RNAseq_Expression
This is a sample code for calculating expression of annotated human genes for an RNA-seq library based on the RPKM methodogy.
Please note some percularities in the code and for situtations where the expression estimates may be a little bit inaccurate. Nonetheless, these generally account for only a small proportion of the total reads and the expression estimate for the RPKM measurement should be largely inaccurate.

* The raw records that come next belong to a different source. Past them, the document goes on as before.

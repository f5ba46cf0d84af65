-- ===== src/MarketData/Aggregation/Members.antt =====
-- What holds of the candles holds of the members of their groups.
use mytradingsystem.Base.{
  List, ℕ, All, [], ◌++◌, ◌∷◌, Bool-cases, Option, leb, ◌==◌, Option-cases, inl, inr, ltb,
}
use mytradingsystem.Domain.{Candle}
use mytradingsystem.MarketData.Grouping.{
  insert_candle, Zone, add_member, filled, Timeframe, by_time, MarketSession,
}
use mytradingsystem.MarketData.Aggregation.{bucketed, by_week, bucket_of}

module _ (P : Candle → Type 0) where
  abbrev pub AllMembers : List (ℕ × List Candle) → Type 0
  AllMembers groups = All (λ g. All P g.1) groups

  abbrev pub AllPlaced : List (ℕ × Candle) → Type 0
  AllPlaced ps = All (λ p. P p.1) ps

  insert_candle-All : (c : Candle) (cs : List Candle) → P c → All P cs → All P (insert_candle c cs)
  insert_candle-All c [] p h = (p, tt)
  insert_candle-All c (d ∷ ds) p h = elim (Bool-cases (leb c.timestamp d.timestamp)) [
    | inl e ↦ rw e (p, h)
    | inr e ↦ rw e (h.0, insert_candle-All c ds p h.1)
  ]

  pub by_time-All : (cs : List Candle) → All P cs → All P (by_time cs)
  by_time-All [] h = tt
  by_time-All (c ∷ cs) h = insert_candle-All c (by_time cs) h.0 (by_time-All cs h.1)

  members-snoc : (cs : List Candle) (c : Candle) → All P cs → P c → All P (cs ++ c ∷ [])
  members-snoc [] c h p = (p, tt)
  members-snoc (d ∷ ds) c h p = (h.0, members-snoc ds c h.1 p)

  add_member-All :
      (key : ℕ) (c : Candle) (groups : List (ℕ × List Candle))
      → P c
      → AllMembers groups
      → AllMembers (add_member key c groups)
  add_member-All key c [] p h = ((p, tt), tt)
  add_member-All key c ((k, cs) ∷ rest) p h = elim (Bool-cases (key == k)) [
    | inl e ↦ rw e (members-snoc cs c h.0 p, h.1)
    | inr e ↦ elim (Bool-cases (ltb key k)) [
      | inl q ↦ rw (e, q) ((p, tt), h)
      | inr q ↦ rw (e, q) (h.0, add_member-All key c rest p h.1)
    ]
  ]

  pub filled-All :
      (ps : List (ℕ × Candle)) (groups : List (ℕ × List Candle))
      → AllPlaced ps
      → AllMembers groups
      → AllMembers (filled ps groups)
  filled-All [] groups h k = k
  filled-All ((key, c) ∷ ps) groups h k =
      filled-All ps (add_member key c groups) h.1 (add_member-All key c groups h.0 k)

  module _ (z : Zone) where
    pub bucketed-All :
        (target : Timeframe) (calendar : Option (List MarketSession)) (cs : List Candle)
        → All P cs
        → AllPlaced (bucketed z target calendar cs)
    bucketed-All target calendar [] h = tt
    bucketed-All target calendar (c ∷ cs) h = elim (Option-cases (bucket_of z target calendar c)) [
      | inl e ↦ rw e (bucketed-All target calendar cs h.1)
      | inr (b, e) ↦ rw e (h.0, bucketed-All target calendar cs h.1)
    ]

    pub by_week-All : (cs : List Candle) → All P cs → AllPlaced (by_week z cs)
    by_week-All [] h = tt
    by_week-All (c ∷ cs) h = (h.0, by_week-All cs h.1)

In extreme cases, the differences are expected to be atmost in a 10-20% range.
The following code does not account for
1) Multiple splice variants
The Code is unable to extract and distinguish the expression for each and every single splice variants (In fact, most algorithms that claims to be able to do so are not capable of doing it well in every single circumstance more so due to the limitations with RNA-seq datasets rather than the algorithm itself).
This code works by by counting the number of reads that localizes to the annotated locations and then normalizing it to the library size by the RPKM method to give the expression of the annotated transcript.
2) Genes with high intronic expressions
In some cases where there are RNA molecules expressed independent and within the intronic regions, the expression of the gene of interest may be a little bit biased. However, such events are not known to occur for most of the genes that we have looked at.
3) Overlapping genes
For some regions of the genome where there are overlapping genes which runs on opposite strands of the same DNA. In these cases, it may not be possible to distinguish the origin of the transcript. In these cases, RNA expression analysis of the affected genes may not be extremely accurate.